Parsing a "formal language", which is what you're trying to do, is a really well-understood problem in theoretical computer science, and one that comes up all the damn time in industry, but almost no general-purpose programming languages are any good at it. (One of the design goals of Perl 6 was to become good at this. Perl 6 has been vaporware for ~15 years now.) If you look at, say, the handwritten code in GCC that parses C, you'll see that it has the same kind of awkward structure as your parser - lots of functions full of big hairy if-else chains conditioned on what word comes next.

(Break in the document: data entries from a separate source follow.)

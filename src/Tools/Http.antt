-- ===== src/Tools/Http.antt =====
-- skills/skill-http/src/lib.rs: the check of an URL against requests to internal hosts. The parser of
-- the url crate and the lower case of the standard library are parameters.
pub mod Requests
pub mod Safety
use orion_dock.Prelude.{
  ℕ, String, Bool, true, false, not, ◌&&◌, ◌||◌, Option, none, some, List, [], ◌∷◌, leb, eqb,
  if◌then◌else◌, ◌⧺◌, ◌==◌, concat, decimal, ends_with, any,
}
use orion_dock.Urls.{
  Ipv4Addr, Ipv6Addr, IpAddr, UrlHost, Url, Urls, Checked, is_loopback, is_unspecified,
}
use orion_dock.Tools.Host.{Io}
use orion_dock.Tools.Install.{is_one_of}

abbrev pub max_response_bytes : ℕ
max_response_bytes = 1048576

abbrev pub blocked_hosts : List String
blocked_hosts = "metadata.google.internal" ∷ "metadata.google.com" ∷ "169.254.169.254" ∷ []

-- The masks 0xfe00 and 0xffc0 keep the first seven and ten of the sixteen bits: 0xfc00 to 0xfdff, and
-- 0xfe80 to 0xfebf.
unfoldable pub is_private_ip : IpAddr → Bool
is_private_ip (IpAddr.v4 ip) =
    if eqb ip.a 127
    then true
    else if eqb ip.a 10
    then true
    else if eqb ip.a 172 && (leb 16 ip.b && leb ip.b 31)
    then true
    else if eqb ip.a 192 && eqb ip.b 168
    then true
    else if eqb ip.a 169 && eqb ip.b 254
    then true
    else if eqb ip.a 0
    then true
    else false
is_private_ip (IpAddr.v6 ip) =
    is_loopback ip
    || is_unspecified ip
    || (leb 64512 ip.first && leb ip.first 65023)
    || (leb 65152 ip.first && leb ip.first 65215)

module _ (urls : Urls) where
  abbrev pub is_local_domain : String → Bool
  is_local_domain lower =
      lower == "localhost"
      || lower == "0.0.0.0"
      || ends_with lower ".local"
      || ends_with lower ".internal"

  abbrev pub check_ip : Url → IpAddr → Checked Url
  check_ip url addr =
      if is_private_ip addr
      then Checked.err (
          concat
            ("Private/internal IP '" ∷ urls.show_ip addr ∷ "' is blocked (SSRF protection)" ∷ []))
      else Checked.ok url

  unfoldable pub check_host : Url → Option UrlHost → Checked Url
  unfolding is_private_ip ends_with
  check_host url none = Checked.err "URL must have a host"
  check_host url (some (UrlHost.ipv4 ip)) = check_ip url (IpAddr.v4 ip)
  check_host url (some (UrlHost.ipv6 ip)) = check_ip url (IpAddr.v6 ip)
  check_host url (some (UrlHost.domain d)) =
      if is_local_domain (urls.to_lowercase d)
      then Checked.err
          (concat ("Local/internal domain '" ∷ d ∷ "' is blocked (SSRF protection)" ∷ []))
      else Checked.ok url

  abbrev pub check_host_str : Url → Option String → Checked Url
  check_host_str url none = Checked.err "URL must have a host"
  check_host_str url (some host) =
      if is_one_of (urls.to_lowercase host) blocked_hosts
      then Checked.err (concat ("Host '" ∷ host ∷ "' is blocked (SSRF protection)" ∷ []))
      else check_host url url.host

  unfoldable pub check_url : Io Url → Checked Url
  unfolding check_host
  check_url (Io.failed e) = Checked.err ("Invalid URL: " ⧺ e)
  check_url (Io.done url) =
      if not (url.scheme == "http") && not (url.scheme == "https")
      then Checked.err ("Only http/https allowed, got: " ⧺ url.scheme)
      else check_host_str url url.host_str

  unfoldable pub validate_url : String → Checked Url
  unfolding check_url
  validate_url url_str = check_url (urls.parse url_str)
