-- ===== src/Protocol.antt =====
-- The wire protocol's data and rules: src/protocol.
pub mod Errors
pub mod States
pub mod Transitions
pub mod Handshake
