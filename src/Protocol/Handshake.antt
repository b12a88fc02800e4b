-- ===== src/Protocol/Handshake.antt =====
-- src/protocol/handshake.ts: the compatibility verdict of a component's hello. The texts of
-- `detail` are left out: they are messages to people.
use xbus.Base.{ℕ, ◌≤◌, ◌≡◌, ◌↔◌, Bool, true, false, arith, ltb, min, max, if◌then◌else◌}

-- The fields of `HelloInfo` and of `BrokerHelloInfo` that the verdict reads.
pub record Versions : Type 0 where
  pub minimum_protocol_version : ℕ
  pub maximum_protocol_version : ℕ
  pub schema_version : ℕ

pub data CompatibilityResult : Type 0 where
  compatible upgrade_component restart_broker : CompatibilityResult
  upgrade_broker migration_required unsupported : CompatibilityResult

pub record CompatibilityVerdict : Type 0 where
  pub result : CompatibilityResult
  pub ok : Bool

abbrev pub verdict : CompatibilityResult → Bool → CompatibilityVerdict
verdict r b = record { result = r; ok = b }

unfoldable pub check_compatibility : Versions → Versions → CompatibilityVerdict
check_compatibility client broker =
    let lo = max client.minimum_protocol_version broker.minimum_protocol_version in
    let hi = min client.maximum_protocol_version broker.maximum_protocol_version in
    if ltb hi lo
    then (if ltb client.maximum_protocol_version broker.minimum_protocol_version
        then verdict upgrade_component false
        else verdict upgrade_broker false)
    else (if ltb broker.schema_version client.schema_version
        then verdict restart_broker false
        else (if ltb client.schema_version broker.schema_version
            then verdict upgrade_component false
            else verdict compatible true))

-- Some protocol version lies in both ranges.
abbrev pub Overlap : Versions → Versions → Type 0
Overlap c b =
    (p : ℕ) × (c.minimum_protocol_version ≤ p)
    × (p ≤ c.maximum_protocol_version)
    × (b.minimum_protocol_version ≤ p)
    × (p ≤ b.maximum_protocol_version)

check_compatibility_sound :
    (c b : Versions)
    → (check_compatibility c b).ok ≡ true
    → Overlap c b × (c.schema_version ≡ b.schema_version)
unfolding check_compatibility
check_compatibility_sound c b h = (
  (
    max c.minimum_protocol_version b.minimum_protocol_version,
    omega arith,
    ground arith,
    omega arith,
    ground arith,
  ),
  ground arith,
)

-- A component may register exactly when some protocol version lies in both ranges and the two
-- schema versions are equal; the verdict is then `compatible`, and it is never `compatible`
-- otherwise.
pub check_compatibility-ok_iff :
    (c b : Versions)
    → (((check_compatibility c b).ok ≡ true)
        ↔ (Overlap c b × (c.schema_version ≡ b.schema_version)))
      × (((check_compatibility c b).ok ≡ true) ↔ ((check_compatibility c b).result ≡ compatible))
unfolding check_compatibility
check_compatibility-ok_iff c b =
    ((check_compatibility_sound c b, λ h. ground arith), (λ h. ground arith, λ h. ground arith))
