-- ===== src/Protocol/Transitions.antt =====
-- Theorems on the delivery state machine of src/protocol/states.ts.
use xbus.Base.{
  ℕ, suc, ◌+◌, ◌*◌, ◌≤◌, ◌≡◌, refl, ◌↔◌, Bool, true, false, Option, arith, All, if◌then◌else◌,
}
use xbus.Protocol.States.{
  DeliveryState, queued, dispatching, transport_written, accepted, completed, retry_wait, rejected,
  expired, dead_letter, cancelled, Trigger, pickup, cancel, Guard, edges, illegal, legal,
  resolve_transition, is_terminal,
}

-- Every edge of the table is what its source state and trigger resolve to: no two edges share a
-- source and a trigger, so none hides another.
pub edges-resolve :
    All (λ e. resolve_transition e.from e.trigger ≡ legal e.to e.guard e.increments_attempt) edges
unfolding edges resolve_transition
edges-resolve = ground arith

terminal_stuck :
    (s : DeliveryState) (t : Trigger) → is_terminal s ≡ true → resolve_transition s t ≡ illegal
unfolding is_terminal resolve_transition
terminal_stuck queued t h = cc
terminal_stuck dispatching t h = cc
terminal_stuck transport_written t h = cc
terminal_stuck accepted t h = cc
terminal_stuck retry_wait t h = cc
terminal_stuck completed pickup h = refl
terminal_stuck completed _ h = refl
terminal_stuck rejected pickup h = refl
terminal_stuck rejected _ h = refl
terminal_stuck expired pickup h = refl
terminal_stuck expired _ h = refl
terminal_stuck dead_letter pickup h = refl
terminal_stuck dead_letter _ h = refl
terminal_stuck cancelled pickup h = refl
terminal_stuck cancelled _ h = refl

stuck_terminal : (s : DeliveryState) → resolve_transition s cancel ≡ illegal → is_terminal s ≡ true
unfolding is_terminal resolve_transition
stuck_terminal queued h = cc
stuck_terminal dispatching h = cc
stuck_terminal transport_written h = cc
stuck_terminal accepted h = cc
stuck_terminal retry_wait h = cc
stuck_terminal _ h = refl

-- The terminal states are exactly the states that no trigger leaves.
is_terminal_iff-resolve_transition :
    (s : DeliveryState)
    → (is_terminal s ≡ true) ↔ ((t : Trigger) → resolve_transition s t ≡ illegal)
is_terminal_iff-resolve_transition s =
    (λ h t. terminal_stuck s t h, λ h. stuck_terminal s (h cancel))

-- A history of legal transitions, with the number of attempts that it has counted.
pub data History (s : DeliveryState) : DeliveryState → ℕ → ℕ → Type 0 where
  start : History s s 0 0
  move :
      {u v : DeliveryState} {n k : ℕ} (t : Trigger) (g : Option Guard) (i : Bool)
      → History s u n k
      → resolve_transition u t ≡ legal v g i
      → History s v (suc n) (if i then suc k else k)

-- How many transitions may follow a state before an attempt is counted.
abbrev pub rank : DeliveryState → ℕ
rank queued = 4
rank dispatching = 3
rank transport_written = 2
rank accepted = 1
rank retry_wait = 1
rank _ = 0

rank-resolve_transition :
    (u v : DeliveryState) (t : Trigger) (g : Option Guard) (i : Bool)
    → resolve_transition u t ≡ legal v g i
    → rank v + 1 ≤ rank u + (if i then 3 else 0)
unfolding resolve_transition
rank-resolve_transition u v t g i h = ground arith

-- The transitions of a history that counts `k` retries, and the rank of the state it ends in, are
-- together at most the rank of the state it starts in, which is 4 for `queued`, and `3 * k`.
pub History-bounded :
    (s u : DeliveryState) (n k : ℕ) → History s u n k → n + rank u ≤ rank s + 3 * k
History-bounded s u n k start = omega arith
History-bounded s u _ _ (move {u = w} {n = m} {k = j} t g true h e) =
    omega (arith, History-bounded s w m j h, rank-resolve_transition w u t g true e)
History-bounded s u _ _ (move {u = w} {n = m} {k = j} t g false h e) =
    omega (arith, History-bounded s w m j h, rank-resolve_transition w u t g false e)
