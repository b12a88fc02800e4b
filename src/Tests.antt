-- ===== src/Tests.antt =====
-- Examples: the operations run on small tables, and the theorems applied to them.
pub mod Data
pub mod DeliveryRuns
pub mod ReaperRuns
pub mod ProtocolRuns
pub mod FramingRuns
pub mod LedgerRuns
pub mod NameRuns
pub mod SendRuns
pub mod AdapterRuns
pub mod ScheduleRuns
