-- ===== src/Tests/AdapterRuns.antt =====
-- Runs of src/adapter and src/adapter-broker on one adapter.
use xbus.Base.{◌≡◌, ◌≤◌, refl, ◌↔◌, true, List, [], ◌∷◌, Option, none, some, String}
use xbus.Protocol.Errors.{ok, err, protocol_violation}
use xbus.Identity.Components.{hook}
use xbus.Adapter.Capabilities.{CapabilityState, verified}
use xbus.Adapter.Tier.{
  t3, calculate_maximum_tier, calculate_maximum_tier-Earned, is_within_ceiling, Earned, rank,
}
use xbus.Adapter.Evidence.{level_rank}
use xbus.Adapter.Registry.{
  BrokerTrustedEvidence, EvidenceQuery, conformance_runner, resolve, IsBound, get_evidence,
  evidence_key, resolve-IsBound,
}
use xbus.Adapter.Registration.{AdapterRegistrationDeclaration, evaluate_registration, evidence_of}
use xbus.Adapter.Awards.{
  granted, IsWellFormed, IsBacked, evaluate_registration-granted_iff, evaluate_registration_capped,
}

abbrev boast : Option CapabilityState
boast = some verified

-- An adapter that says of everything that it is verified.
abbrev declaration : AdapterRegistrationDeclaration
declaration = record {
  adapter_id = "cli";
  adapter_version = "1";
  role = some hook;
  declared_capabilities = some (record {
    receive = some (record {
      manual_pull = boast;
      lifecycle_checkpoint = boast;
      live_push = boast;
      background_wake = boast;
      idle_wake = boast;
    });
    messaging = some (record {
      acknowledgements = boast;
      correlated_replies = boast;
      progress_events = boast;
      cancellation = boast;
      streaming = boast;
      structured_payloads = boast;
      attachments = boast;
    });
  });
}

-- A conformance run that passed in full.
abbrev evidence : BrokerTrustedEvidence
evidence = record {
  source = conformance_runner;
  adapter_id = "cli";
  adapter_version = "1";
  role = hook;
  build_id = none;
  capabilities = record {
    send_verified = true;
    manual_receive_verified = true;
    checkpoint_receive_verified = true;
    live_receive_verified = true;
    ack_reply_verified = true;
  };
  durability = record {
    broker_restart_verified = true;
    reconnect_verified = true;
    queued_delivery_verified = true;
  };
  security = record {
    fencing_verified = true;
    redaction_verified = some true;
    secret_redaction_verified = none;
    telemetry_redaction_verified = none;
    packaged_runtime_verified = true;
  };
  conformance_version = some 1;
}

abbrev query : EvidenceQuery
query = record { adapter_id = "cli"; adapter_version = "1"; role = hook; build_id = none }

abbrev registry : List (String × BrokerTrustedEvidence)
registry = ("cli :: 1 :: hook", evidence) ∷ []

resolve-IsBound_example :
    (get_evidence (evidence_key "cli" "1" hook) registry ≡ some evidence) × IsBound query evidence
unfolding resolve
resolve-IsBound_example = resolve-IsBound query registry evidence refl

boast_refused :
    evaluate_registration "live" (some declaration) hook (some evidence) ≡ err protocol_violation
unfolding evaluate_registration
boast_refused = refl

evaluate_registration-granted_iff_example :
    (evaluate_registration "hook_checkpoint" (some declaration) hook (some evidence)
      ≡ ok (some (granted hook (some evidence))))
    ↔ (IsWellFormed declaration hook
        × IsBacked "hook_checkpoint" hook (some evidence)
        × (granted hook (some evidence) ≡ granted hook (some evidence)))
evaluate_registration-granted_iff_example =
    evaluate_registration-granted_iff "hook_checkpoint" declaration hook (some evidence)
      (granted hook (some evidence))

evaluate_registration_capped_example :
    (rank (granted hook (some evidence)).awarded.maximum_delivery_tier ≤ 3)
    × (level_rank (granted hook (some evidence)).awarded.validation_level ≤ 1)
unfolding evaluate_registration
evaluate_registration_capped_example =
    evaluate_registration_capped "hook_checkpoint" declaration hook (some evidence)
      (granted hook (some evidence)) refl refl

calculate_maximum_tier-Earned_example :
    let c = (granted hook (some evidence)).confirmed_verified in
    let e = evidence_of (some evidence) in
    (is_within_ceiling t3 (calculate_maximum_tier c e) ≡ true) ↔ Earned t3 c e
calculate_maximum_tier-Earned_example =
    calculate_maximum_tier-Earned t3 (granted hook (some evidence)).confirmed_verified
      (evidence_of (some evidence))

However, there are special-purpose programming languages that are good at this task. The thing you want is called a parser generator. This is a tool that will take a short, readable specification that looks something like your documentation for TTL, and generate a blob of completely unreadable code that does the job of parsing it, which you then combine with the rest of your program. Unfortunately I don't know if there are any parser generators that work with this dialect of BASIC. This one works with VB.NET, though, and it looks like its documentation is written for people who don't already know from formal languages. If that one doesn't suit you, Wikipedia has a long list of more.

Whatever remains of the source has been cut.